High-efficiency heavy metal adsorption in complex systems via FeS-modified poly(acrylamide-co-2-acrylamido-2-methylpropane sulfonic acid)-g-carboxymethylcellulose-Ca(II) hydrogel

Composite adsorbent systems incorporating ferrous sulfide (FeS) nanoparticles stabilized within a mechanically durable hydrogel network exhibit notable potential for remediation of heavy metal-contaminated environments. However, their interfacial behaviors and synergistic mechanisms in multi-metal systems require deeper exploration. Herein, poly(acrylamide-co-2-acrylamido-2-methylpropane sulfonic acid)-g-carboxymethylcellulose-Ca (II) (CAA-Ca(II)) hydrogels and FeS-modified CAA-Ca(II) (CAA-Ca(II)-FeS) were synthesized and their adsorption performance toward Pb, Cu, and Cd in unitary, binary, and ternary complex systems were investigated.
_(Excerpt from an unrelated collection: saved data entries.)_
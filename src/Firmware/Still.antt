-- ===== src/Firmware/Still.antt =====
-- A round of the main loop of the firmware once an interrupt has run: the closures of `with_isr_state`
-- (rm32_stm32/src/isr.rs) do nothing.
use rm32_private.Base.{
  ℕ, ◌+◌, ◌≡◌, refl, ap, ◌∙◌, arith, Bool, true, false, ◌&&◌, ltb, ◌!=◌, Option, none, List, [],
  ◌∷◌, ◌++◌, map, if◌then◌else◌,
}
use rm32_private.Config.{stuck_rotor_protection, motor_poles, sine_mode_power}
use rm32_private.Shared.{is_stepper_sine, is_armed}
use rm32_private.Sensors.{FixedPoint}
use rm32_private.MainLoop.{Adc, HardwareCall}
use rm32_private.Sine.{SineStepResult, continue, changeover, idle, sine_step}
use rm32_private.Sensors.{make_info_packet}
use rm32_private.MainLoop.{send_dma}
use rm32_private.LedStrip.{PinCall, error, armed_led, send_status}
use rm32_private.Base.Int.{pos}
use rm32_private.Firmware.{IsrState}
use rm32_private.Firmware.Globals.{Globals}
use rm32_private.Firmware.Boot.{
  Machine, Board, Chip, MainCall, set_compare, sound, hardware, flash_write, delay_micros,
  reload_watchdog, wait_for_interrupt, light, tim1_autoreload,
}
use rm32_private.Firmware.Body.{
  round, step_sine, after_sine, run_ticks, signal_arming, signal_error, prioritize, save, send_info,
  if_present, config_from, arming_beeps,
}

-- The calls that turn or sound the motor from the main loop.
abbrev moves : MainCall → ℕ
moves (set_compare a b c) = 1
moves (sound calls) = 1
moves _ = 0

unfoldable pub count_moves : List MainCall → ℕ
count_moves [] = 0
count_moves (c ∷ cs) = moves c + count_moves cs

count_moves-append :
    (cs ds : List MainCall) → count_moves (cs ++ ds) ≡ count_moves cs + count_moves ds
unfolding count_moves
count_moves-append [] ds = omega arith
count_moves-append (c ∷ cs) ds = omega (arith, count_moves-append cs ds)

count_moves-hardware : (cs : List HardwareCall) → count_moves (map hardware cs) ≡ 0
unfolding count_moves
count_moves-hardware [] = refl
count_moves-hardware (c ∷ cs) = omega (arith, count_moves-hardware cs)

-- Calls that move nothing, added at the end.
still : (ds cs : List MainCall) → count_moves ds ≡ 0 → count_moves (cs ++ ds) ≡ count_moves cs
still ds cs h = omega (arith, count_moves-append cs ds)

absent :
    (o : Option IsrState) (calls : List MainCall) → o ≡ none → count_moves (if_present o calls) ≡ 0
unfolding count_moves
absent o calls h = rw h refl

light_quiet : (b : Bool) (l : List PinCall) → count_moves (if b then light l ∷ [] else []) ≡ 0
unfolding count_moves
light_quiet true l = refl
light_quiet false l = refl

-- The tune needs the state, the light does not.
signals_quiet :
    (o : Option IsrState) (tune : List MainCall) (b : Bool) (l : List PinCall)
    → o ≡ none
    → count_moves (if_present o tune ++ (if b then light l ∷ [] else [])) ≡ 0
signals_quiet o tune b l gone =
    count_moves-append (if_present o tune) (if b then light l ∷ [] else [])
    ∙ omega (arith, absent o tune gone, light_quiet b l)

module _ {U : Type 0} where
  abbrev Still : Machine U → Machine U → Type 0
  Still m n = (count_moves n.sent ≡ count_moves m.sent) × (n.globals ≡ m.globals)

  after_sine-Still : (r : SineStepResult) (m : Machine U) → Still m (after_sine r m)
  unfolding after_sine count_moves
  after_sine-Still (continue d) m = (still (delay_micros d ∷ []) m.sent refl, refl)
  after_sine-Still (changeover i s) m = (refl, refl)
  after_sine-Still idle m = (refl, refl)

  either_Still : (b : Bool) (x m : Machine U) → Still m x → Still m (if b then x else m)
  either_Still true x m h = h
  either_Still false x m h = (refl, refl)

  Still-trans : (l m n : Machine U) → Still l m → Still m n → Still l n
  Still-trans l m n p q = (q.0 ∙ p.0, q.1 ∙ p.1)

  step_sine-Still :
      (board : Board) (chip : Chip) (m : Machine U)
      → (m.globals).isr_state ≡ none
      → Still m (step_sine board chip m)
  unfolding step_sine
  step_sine-Still board chip m gone =
      let (positions, result, (ch1, ch2, ch3)) =
        sine_step (m.shared).newinput (is_armed m.shared) true (motor_poles (m.main).config) 5
          (pos board.dead_time) (tim1_autoreload chip) (sine_mode_power (m.main).config)
          m.positions in
      let compares = if_present (m.globals).isr_state (set_compare ch1 ch2 ch3 ∷ []) in
      let n : Machine U = record m { positions = positions; sent = m.sent ++ compares } in
      either_Still (is_stepper_sine m.shared) (after_sine result n) m (
        Still-trans m n (after_sine result n)
          (
            still compares m.sent
                (absent (m.globals).isr_state (set_compare ch1 ch2 ch3 ∷ []) gone),
            refl,
          )
          (after_sine-Still result n))

  run_ticks-Still :
      (fixed : FixedPoint U) (adc : Adc) (m : Machine U) → Still m (run_ticks fixed adc m)
  unfolding run_ticks
  run_ticks-Still fixed adc m = (still _ m.sent (count_moves-hardware _), refl)

  signal_arming-Still :
      (board : Board) (chip : Chip) (m : Machine U)
      → (m.globals).isr_state ≡ none
      → Still m (signal_arming board chip m)
  unfolding signal_arming
  signal_arming-Still board chip m gone =
      let tune = arming_beeps chip (m.main).cell_count in
      let calls =
        if_present (m.globals).isr_state tune
        ++ (if board.has_led then light (send_status armed_led) ∷ [] else []) in
      either_Still (m.main).just_armed (record m { sent = m.sent ++ calls }) m
        (
          still calls m.sent
              (signals_quiet (m.globals).isr_state tune board.has_led (send_status armed_led) gone),
          refl,
        )

  signal_error-Still : (board : Board) (m : Machine U) → Still m (signal_error board m)
  unfolding signal_error count_moves
  signal_error-Still board m =
      either_Still
        (board.has_led
          && ltb ((m.main).protection).bemf_timeout ((m.main).protection).bemf_timeout_happened
          && (stuck_rotor_protection (m.main).config != 0))
        (record m { sent = m.sent ++ (light (send_status error) ∷ []) }) m
        (still (light (send_status error) ∷ []) m.sent refl, refl)

  prioritize-Still : (m : Machine U) → Still m (prioritize m)
  unfolding prioritize count_moves
  prioritize-Still m = (still _ m.sent refl, refl)

  save-Still : (m : Machine U) → Still m (save m)
  unfolding save count_moves
  save-Still m =
      let config = config_from (m.globals).isr_state (m.main).config in
      let calls = flash_write m.eeprom_address config.bytes ∷ [] in
      let n : Machine U = record m {
        sent = m.sent ++ calls;
        shared = record (m.shared) { save_settings_flag = false };
        main = record (m.main) { config = config };
      } in
      either_Still (m.shared).save_settings_flag n m (still calls m.sent refl, refl)

  send_info-Still : (m : Machine U) → Still m (send_info m)
  unfolding send_info count_moves
  send_info-Still m =
      let calls = hardware (send_dma (make_info_packet ((m.main).config).bytes)) ∷ [] in
      let n : Machine U = record m {
        sent = m.sent ++ calls;
        shared = record (m.shared) { send_esc_info_flag = false };
      } in
      either_Still (m.shared).send_esc_info_flag n m (still calls m.sent refl, refl)

  -- Once an interrupt has taken the state, a round of the main loop sets no compare values and plays
  -- nothing, whatever the mode of the motor, and leaves the cells as they are.
  pub round-still :
      (fixed : FixedPoint U) (board : Board) (chip : Chip) (adc : Adc) (m : Machine U)
      → (m.globals).isr_state ≡ none
      → (count_moves (round fixed board chip adc m).sent ≡ count_moves m.sent)
        × ((round fixed board chip adc m).globals ≡ m.globals)
  unfolding round count_moves
  round-still fixed board chip adc m gone =
      let a = step_sine board chip m in
      let to_a = step_sine-Still board chip m gone in
      let b = run_ticks fixed adc a in
      let to_b = Still-trans m a b to_a (run_ticks-Still fixed adc a) in
      let c = signal_arming board chip b in
      let to_c =
        Still-trans m b c to_b
          (signal_arming-Still board chip b (ap (λ (g : Globals). g.isr_state) (to_b.1) ∙ gone)) in
      let d = signal_error board c in
      let to_d = Still-trans m c d to_c (signal_error-Still board c) in
      let e = prioritize d in
      let to_e = Still-trans m d e to_d (prioritize-Still d) in
      let f = save e in
      let to_f = Still-trans m e f to_e (save-Still e) in
      let g = send_info f in
      let to_g = Still-trans m f g to_f (send_info-Still f) in
      (still (reload_watchdog ∷ wait_for_interrupt ∷ []) g.sent refl ∙ to_g.0, to_g.1)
Experimental results demonstrated that FeS incorporation significantly enhanced the adsorption capacity of CAA-Ca(II), with maximum adsorption capacities reaching 494.30 mg/g for Cd, 374.00 mg/g for Cu, and 783.20 mg/g for Pb in unitary systems. However, under multi-metal coexistence conditions, particularly in the presence of Cu, the adsorption capacities for Cd and Pb were markedly reduced. Quantitative analysis revealed interaction factors below 1.0 for all heavy metal combinations in complex systems, indicating distinct antagonistic effects. The adsorption selectivity followed the order of Cu > Pb > Cd. Mechanistic studies identified that beyond conventional mechanisms including electrostatic attraction, ion exchange, and complexation with amide and sulfonic groups, displacement-precipitation mediated by FeS played a crucial role in the adsorption process. These findings collectively demonstrate that CAA-Ca(II)-FeS serves as a highly promising adsorbent, providing an effective solution for heavy metal removal in complex contamination systems.